There once was a girl from Great Bend
Who wanted to hear from a friend.
But to her disgust
There was no way to trust
The network, beginning to end.
She needed a way to encrypt
Message X before it was shipped.
"It needs to be true
That it's easy to do,
But hard to do backwards," she quipped.
"I can multiply numbers with ease—
Numbers as large as you please.
But to go in reverse
Is very much worse.
So I'll pick two big primes to make keys.
"One is p, other's q. Next step, then,
Is to find out their product, called N.
Now choose e: This time,
It's a relative prime
To the Euler φ-function of N.
"This function is easy to do:
Find pq less p, minus q,
Plus one. So we see
It's not hard to find e.
Now the last thing we need is called μ.
"In Greece, long ago, Euclid taught
A way to find μ, which is sought,
So that 1 less μe
Will turn out to be
A multiple of φ(N) less than nought.
"So I have μ and e. Now I may
Keep μ private, but give e away.
My friend gets the key,
Computes X to the e
Mod N, and sends that my way.
"This new message Y seems complex.
To decrypt it, what to do next?
Well, all that I do
Is find Y to the μ
Mod N; the result will be X.
"This encryption is hard to undo
Without knowing q, p, or μ.
The 'security guard'
Is that factoring's hard,
Unless there's a brilliant breakthrough."

[ArmenT]

A Beautiful Mind: Brain Injury Turns Man Into Math Genius

In 2002, two men savagely attacked Jason Padgett outside a karaoke bar, leaving him with a severe concussion and post-traumatic stress disorder. But the incident also turned Padgett into a mathematical genius who sees the world through the lens of geometry.

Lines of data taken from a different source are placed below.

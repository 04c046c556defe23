-- ===== src/Firewall/Block/Safety.antt =====
-- What is sent to block an address.
use emarecloud.Firewall.Block.{Kind}
use emarecloud.Firewall.Program.Sends.{Sends-bind-lift}
use emarecloud.Firewall.Block.{block_emareos}
use emarecloud.Firewall.Block.{block_ip}
use emarecloud.Firewall.Block.{block_with}
use emarecloud.Firewall.Block.{ensure_drops}
use emarecloud.Prelude.{String, ◌≡◌, refl, ap, inr, Option, none, some, nat_eq, string_eq, pair_eq}
use Prim.Native.String.{◌++◌}
use emarecloud.Firewall.Quote.{sq}
use emarecloud.Firewall.Mq.{mq}
use emarecloud.Firewall.Validate.{validate_ip}
use emarecloud.Firewall.Validate.Bounds.{mq-eq_of_validate_ip}
use emarecloud.Firewall.Program.{Kind, ufw, firewalld, emareos}
use emarecloud.Firewall.Program.Sends.{
  Sends, sends_rules, Sends-pure, Sends-bind, Sends-bind-lift, Sends-with_valid, Sends-weaken,
}
use emarecloud.Firewall.Detect.{detect_type}
use emarecloud.Firewall.Detect.Laws.{IsQuestion, invalidate_cache-Sends, detect_type-Sends}
use emarecloud.Firewall.Change.{reload, change_and_reload}
use emarecloud.Firewall.Block.{
  drop_rule, list_drops, add_drops, block_comment, add_blocked, ensure_drops, block_emareos,
  block_with, block_ip,
}

-- What may be sent to block an address that the check accepts: the address stands quoted in the command of ufw, in the
-- quoted rule of firewalld, or bare in the command of Emare OS.
pub data BlocksAddress (server ip reason : String) : String → String → Type 0 where
  question : {s m : String} → IsQuestion server s m → BlocksAddress server ip reason s m
  by_ufw :
      {v m : String}
      → validate_ip ip ≡ inr v
      → m ≡ "sudo ufw deny from " ++ (sq v ++ " 2>&1")
      → BlocksAddress server ip reason server m
  by_firewalld :
      {v m : String}
      → validate_ip ip ≡ inr v
      → m ≡ "sudo firewall-cmd --permanent --add-rich-rule=" ++ (sq (drop_rule v) ++ " 2>&1")
      → BlocksAddress server ip reason server m
  reloads : {v : String} → validate_ip ip ≡ inr v → BlocksAddress server ip reason server reload
  by_emareos :
      {v c m : String}
      → validate_ip ip ≡ inr v
      → mq (block_comment reason) ≡ inr c
      → m ≡ add_blocked v c
      → BlocksAddress server ip reason server m
  lists : {v : String} → validate_ip ip ≡ inr v → BlocksAddress server ip reason server list_drops
  drops : {v : String} → validate_ip ip ≡ inr v → BlocksAddress server ip reason server add_drops

module _ (s ip reason v : String) (h : validate_ip ip ≡ inr v) where
  change_and_reload-Sends :
      (m d : String)
      → BlocksAddress s ip reason s m
      → Sends (BlocksAddress s ip reason) (change_and_reload s m d)
  unfolding change_and_reload
  change_and_reload-Sends m d b = search (sends_rules, b, reloads h)

  ensure_drops-Sends : Sends (BlocksAddress s ip reason) (ensure_drops s v)
  unfolding ensure_drops
  ensure_drops-Sends = search (sends_rules, lists h, drops h)

  block_emareos-Sends : Sends (BlocksAddress s ip reason) (block_emareos s v reason)
  unfolding block_emareos
  block_emareos-Sends = Sends-bind-lift (mq v) _ λ a bare.
      Sends-bind-lift (mq (block_comment reason)) _ λ c quoted.
        let same : a ≡ v = mq-eq_of_validate_ip ip v a h bare in
        let b : BlocksAddress s ip reason s (add_blocked a c) =
          by_emareos h quoted (ap (λ x. add_blocked x c) same) in
        search (sends_rules, ensure_drops-Sends, b)

  block_with-Sends : (k : Option Kind) → Sends (BlocksAddress s ip reason) (block_with k s v reason)
  unfolding block_with
  block_with-Sends (some ufw) =
      let b : BlocksAddress s ip reason s ("sudo ufw deny from " ++ (sq v ++ " 2>&1")) =
        by_ufw h refl in
      search (sends_rules, b)
  block_with-Sends (some firewalld) = change_and_reload-Sends _ _ (by_firewalld h refl)
  block_with-Sends (some emareos) = block_emareos-Sends
  block_with-Sends none = Sends-pure _

-- Whatever a server replies, `block_ip` sends commands to that server alone: the questions of
-- detection; and, only if the check accepts the address, the commands that block it, in which it
-- stands quoted for the shell, in the quoted rule, or, on Emare OS, as it is.
pub block_ip-Sends :
    (s ip reason : String) → Sends (BlocksAddress s ip reason) (block_ip s ip reason)
unfolding block_ip
block_ip-Sends s ip reason =
    let asks : Sends (BlocksAddress s ip reason) (detect_type s) =
      Sends-weaken (detect_type s) (λ t m q. question q) (detect_type-Sends s) in
    Sends-bind _ _ (invalidate_cache-Sends s) λ u.
      Sends-bind _ _ asks
        λ k. Sends-with_valid (validate_ip ip) _ λ v h. block_with-Sends s ip reason v h k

Padgett, a furniture salesman from Tacoma, Washington, who had very little interest in academics, developed the ability to visualize complex mathematical objects and physics concepts intuitively. The injury, while devastating, seems to have unlocked part of his brain that makes everything in his world appear to have a mathematical structure.

The article is a very interesting read...

[Amber G.]

A Beautiful Mind: Brain Injury Turns Man Into Math Genius
....
The article is a very interesting read...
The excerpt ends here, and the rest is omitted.